Exercise brief: Please reproduce the entries in full. Keep every character the same.

Collection entries:
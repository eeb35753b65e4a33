-- ===== src/Race/Errors.antt =====
-- The error counts of the race workers.
use gatebench.Base.{
  ℕ, zero, suc, ◌+◌, ◌≤◌, ◌<◌, ◌^◌, ◌%◌, ◌≡◌, refl, some, List, [], ◌∷◌, ℤ, pos, ltb, ◌==ℤ◌, abs,
  if◌then◌else◌, length, ap, Bool, true, false, not, ◌&&◌, ◌==◌, get_or, arith, u64_mod, Bool-cases,
  inl, inr, ◌∙◌,
}
use gatebench.Race.{race_record_err, race_errno_max, put_count}

abbrev pub total : List ℕ → ℕ
total [] = 0
total (x ∷ xs) = x + total xs

-- There is a count for each error number, and together they are at most the errors.
pub record IsTallied (errors : ℕ) (counts : List ℕ) : Type 0 where
  pub room : length counts ≡ race_errno_max
  pub covered : total counts ≤ errors

cell-le-total : (xs : List ℕ) (i : ℕ) → get_or xs i 0 ≤ total xs
cell-le-total [] i = omega arith
cell-le-total (x ∷ xs) zero = omega arith
cell-le-total (x ∷ xs) (suc i) = omega (arith, cell-le-total xs i)

put_count-room : (xs : List ℕ) (i v : ℕ) → i < length xs → length (put_count xs i v) ≡ length xs
put_count-room [] i v h = absurd (omega arith)
put_count-room (x ∷ xs) zero v h = refl
put_count-room (x ∷ xs) (suc i) v h = ap suc (put_count-room xs i v (omega arith))

total-put_count :
    (xs : List ℕ) (i v : ℕ)
    → i < length xs
    → total (put_count xs i v) + get_or xs i 0 ≡ total xs + v
total-put_count [] i v h = absurd (omega arith)
total-put_count (x ∷ xs) zero v h = omega arith
total-put_count (x ∷ xs) (suc i) v h = omega (arith, total-put_count xs i v (omega arith))

-- The count that changes, and the others.
put_count-get_or :
    (xs : List ℕ) (i v j : ℕ)
    → i < length xs
    → get_or (put_count xs i v) j 0 ≡ (if j == i then v else get_or xs j 0)
put_count-get_or [] i v j h = absurd (omega arith)
put_count-get_or (x ∷ xs) zero v zero h = refl
put_count-get_or (x ∷ xs) zero v (suc j) h = ground arith
put_count-get_or (x ∷ xs) (suc i) v zero h = ground arith
put_count-get_or (x ∷ xs) (suc i) v (suc j) h =
    put_count-get_or xs i v j (omega arith) ∙ ground arith

-- What a code adds to the count of error number j.
abbrev pub added : ℤ → ℕ → ℕ
added ret j = if not (ret ==ℤ pos 0) && ((j == abs ret) && ltb j race_errno_max) then 1 else 0

-- The count of one error number more, if there is one.
abbrev one_more : List ℕ → ℕ → List ℕ
one_more counts err =
    if ltb err race_errno_max
    then put_count counts err ((get_or counts err 0 + 1) % u64_mod)
    else counts

one_more-IsTallied :
    (errors : ℕ) (counts : List ℕ) (err : ℕ)
    → IsTallied errors counts
    → errors + 1 < 2 ^ 64
    → IsTallied (errors + 1) (one_more counts err)
one_more-IsTallied errors counts err t small = elim (Bool-cases (ltb err race_errno_max)) [
  | inl e ↦
      let there : err < length counts = ground (arith, t.room) in
      rw e (record {
        room = put_count-room counts err _ there ∙ t.room;
        covered = omega (
          arith,
          t.covered,
          cell-le-total counts err,
          total-put_count counts err ((get_or counts err 0 + 1) % u64_mod) there,
        );
      })
  | inr e ↦ rw e (record { room = t.room; covered = omega (arith, t.covered) })
]

one_more-get_or :
    (errors : ℕ) (counts : List ℕ) (err j : ℕ)
    → IsTallied errors counts
    → errors + 1 < 2 ^ 64
    → get_or (one_more counts err) j 0
      ≡ get_or counts j 0 + (if (j == err) && ltb j race_errno_max then 1 else 0)
one_more-get_or errors counts err j t small = elim (Bool-cases (ltb err race_errno_max)) [
  | inl e ↦
      let there : err < length counts = ground (arith, t.room) in
      rw (one_more, e)
        (put_count-get_or counts err ((get_or counts err 0 + 1) % u64_mod) j there
          ∙ at_place (j == err) refl e)
  | inr e ↦ elim (Bool-cases (j == err)) [
    | inl k ↦ rw (one_more, e, k) (ground (arith, e, k))
    | inr k ↦ rw (one_more, e, k) (omega arith)
  ]
]
  where
    at_place :
        (b : Bool)
        → (j == err) ≡ b
        → ltb err race_errno_max ≡ true
        → (if b then (get_or counts err 0 + 1) % u64_mod else get_or counts j 0)
          ≡ get_or counts j 0 + (if b && ltb j race_errno_max then 1 else 0)
    at_place true k e =
        let same : j ≡ err = ground (arith, k) in
        rw (same, e) (omega (arith, t.covered, cell-le-total counts err))
    at_place false k e = omega arith

-- From counts of which there is one for each of the 4096 error numbers and that do not exceed the
-- errors, and below 2 ^ 64 - 1 errors: race_record_err changes nothing for code 0, and for any other
-- code adds one error, and 1 to the count of its error number if that is below 4096, and to no other;
-- it writes no cell outside the counts, and together they still do not exceed the errors.
pub race_record_err-IsTallied :
    (errors : ℕ) (counts : List ℕ) (ret : ℤ)
    → IsTallied errors counts
    → errors + 1 < 2 ^ 64
    → (counts' : List ℕ) × (race_record_err (some errors) (some counts) ret
        ≡ (some (if ret ==ℤ pos 0 then errors else errors + 1), some counts'))
      × IsTallied (if ret ==ℤ pos 0 then errors else errors + 1) counts'
      × ((j : ℕ) → get_or counts' j 0 ≡ get_or counts j 0 + added ret j)
unfolding race_record_err
race_record_err-IsTallied errors counts ret t small =
    let exact : (errors + 1) % u64_mod ≡ errors + 1 = omega arith in
    elim (Bool-cases (ret ==ℤ pos 0)) [
      | inl e ↦ (counts, rw e refl, rw e t, λ j. rw (added, e) (omega arith))
      | inr e ↦ (
        one_more counts (abs ret),
        rw (e, exact) refl,
        rw e (one_more-IsTallied errors counts (abs ret) t small),
        λ j. rw (added, e) (one_more-get_or errors counts (abs ret) j t small),
      )
    ]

Output of the task:
repository eeb35753b65e4a33
-- ===== src/Race/Errors.antt =====
-- The error counts of the race workers.
use gatebench.Base.{
  ℕ, zero, suc, ◌+◌, ◌≤◌, ◌<◌, ◌^◌, ◌%◌, ◌≡◌, refl, some, List, [], ◌∷◌, ℤ, pos, ltb, ◌==ℤ◌, abs,
  if◌then◌else◌, length, ap, Bool, true, false, not, ◌&&◌, ◌==◌, get_or, arith, u64_mod, Bool-cases,
  inl, inr, ◌∙◌,
}
use gatebench.Race.{race_record_err, race_errno_max, put_count}

abbrev pub total : List ℕ → ℕ
total [] = 0
total (x ∷ xs) = x + total xs

-- There is a count for each error number, and together they are at most the errors.
pub record IsTallied (errors : ℕ) (counts : List ℕ) : Type 0 where
  pub room : length counts ≡ race_errno_max
  pub covered : total counts ≤ errors

cell-le-total : (xs : List ℕ) (i : ℕ) → get_or xs i 0 ≤ total xs
cell-le-total [] i = omega arith
cell-le-total (x ∷ xs) zero = omega arith
cell-le-total (x ∷ xs) (suc i) = omega (arith, cell-le-total xs i)

put_count-room : (xs : List ℕ) (i v : ℕ) → i < length xs → length (put_count xs i v) ≡ length xs
put_count-room [] i v h = absurd (omega arith)
put_count-room (x ∷ xs) zero v h = refl
put_count-room (x ∷ xs) (suc i) v h = ap suc (put_count-room xs i v (omega arith))

total-put_count :
    (xs : List ℕ) (i v : ℕ)
    → i < length xs
    → total (put_count xs i v) + get_or xs i 0 ≡ total xs + v
total-put_count [] i v h = absurd (omega arith)
total-put_count (x ∷ xs) zero v h = omega arith
total-put_count (x ∷ xs) (suc i) v h = omega (arith, total-put_count xs i v (omega arith))

-- The count that changes, and the others.
put_count-get_or :
    (xs : List ℕ) (i v j : ℕ)
    → i < length xs
    → get_or (put_count xs i v) j 0 ≡ (if j == i then v else get_or xs j 0)
put_count-get_or [] i v j h = absurd (omega arith)
put_count-get_or (x ∷ xs) zero v zero h = refl
put_count-get_or (x ∷ xs) zero v (suc j) h = ground arith
put_count-get_or (x ∷ xs) (suc i) v zero h = ground arith
put_count-get_or (x ∷ xs) (suc i) v (suc j) h =
    put_count-get_or xs i v j (omega arith) ∙ ground arith

-- What a code adds to the count of error number j.
abbrev pub added : ℤ → ℕ → ℕ
added ret j = if not (ret ==ℤ pos 0) && ((j == abs ret) && ltb j race_errno_max) then 1 else 0

-- The count of one error number more, if there is one.
abbrev one_more : List ℕ → ℕ → List ℕ
one_more counts err =
    if ltb err race_errno_max
    then put_count counts err ((get_or counts err 0 + 1) % u64_mod)
    else counts

one_more-IsTallied :
    (errors : ℕ) (counts : List ℕ) (err : ℕ)
    → IsTallied errors counts
    → errors + 1 < 2 ^ 64
    → IsTallied (errors + 1) (one_more counts err)
one_more-IsTallied errors counts err t small = elim (Bool-cases (ltb err race_errno_max)) [
  | inl e ↦
      let there : err < length counts = ground (arith, t.room) in
      rw e (record {
        room = put_count-room counts err _ there ∙ t.room;
        covered = omega (
          arith,
          t.covered,
          cell-le-total counts err,
          total-put_count counts err ((get_or counts err 0 + 1) % u64_mod) there,
        );
      })
  | inr e ↦ rw e (record { room = t.room; covered = omega (arith, t.covered) })
]

one_more-get_or :
    (errors : ℕ) (counts : List ℕ) (err j : ℕ)
    → IsTallied errors counts
    → errors + 1 < 2 ^ 64
    → get_or (one_more counts err) j 0
      ≡ get_or counts j 0 + (if (j == err) && ltb j race_errno_max then 1 else 0)
one_more-get_or errors counts err j t small = elim (Bool-cases (ltb err race_errno_max)) [
  | inl e ↦
      let there : err < length counts = ground (arith, t.room) in
      rw (one_more, e)
        (put_count-get_or counts err ((get_or counts err 0 + 1) % u64_mod) j there
          ∙ at_place (j == err) refl e)
  | inr e ↦ elim (Bool-cases (j == err)) [
    | inl k ↦ rw (one_more, e, k) (ground (arith, e, k))
    | inr k ↦ rw (one_more, e, k) (omega arith)
  ]
]
  where
    at_place :
        (b : Bool)
        → (j == err) ≡ b
        → ltb err race_errno_max ≡ true
        → (if b then (get_or counts err 0 + 1) % u64_mod else get_or counts j 0)
          ≡ get_or counts j 0 + (if b && ltb j race_errno_max then 1 else 0)
    at_place true k e =
        let same : j ≡ err = ground (arith, k) in
        rw (same, e) (omega (arith, t.covered, cell-le-total counts err))
    at_place false k e = omega arith

-- From counts of which there is one for each of the 4096 error numbers and that do not exceed the
-- errors, and below 2 ^ 64 - 1 errors: race_record_err changes nothing for code 0, and for any other
-- code adds one error, and 1 to the count of its error number if that is below 4096, and to no other;
-- it writes no cell outside the counts, and together they still do not exceed the errors.
pub race_record_err-IsTallied :
    (errors : ℕ) (counts : List ℕ) (ret : ℤ)
    → IsTallied errors counts
    → errors + 1 < 2 ^ 64
    → (counts' : List ℕ) × (race_record_err (some errors) (some counts) ret
        ≡ (some (if ret ==ℤ pos 0 then errors else errors + 1), some counts'))
      × IsTallied (if ret ==ℤ pos 0 then errors else errors + 1) counts'
      × ((j : ℕ) → get_or counts' j 0 ≡ get_or counts j 0 + added ret j)
unfolding race_record_err
race_record_err-IsTallied errors counts ret t small =
    let exact : (errors + 1) % u64_mod ≡ errors + 1 = omega arith in
    elim (Bool-cases (ret ==ℤ pos 0)) [
      | inl e ↦ (counts, rw e refl, rw e t, λ j. rw (added, e) (omega arith))
      | inr e ↦ (
        one_more counts (abs ret),
        rw (e, exact) refl,
        rw e (one_more-IsTallied errors counts (abs ret) t small),
        λ j. rw (added, e) (one_more-get_or errors counts (abs ret) j t small),
      )
    ]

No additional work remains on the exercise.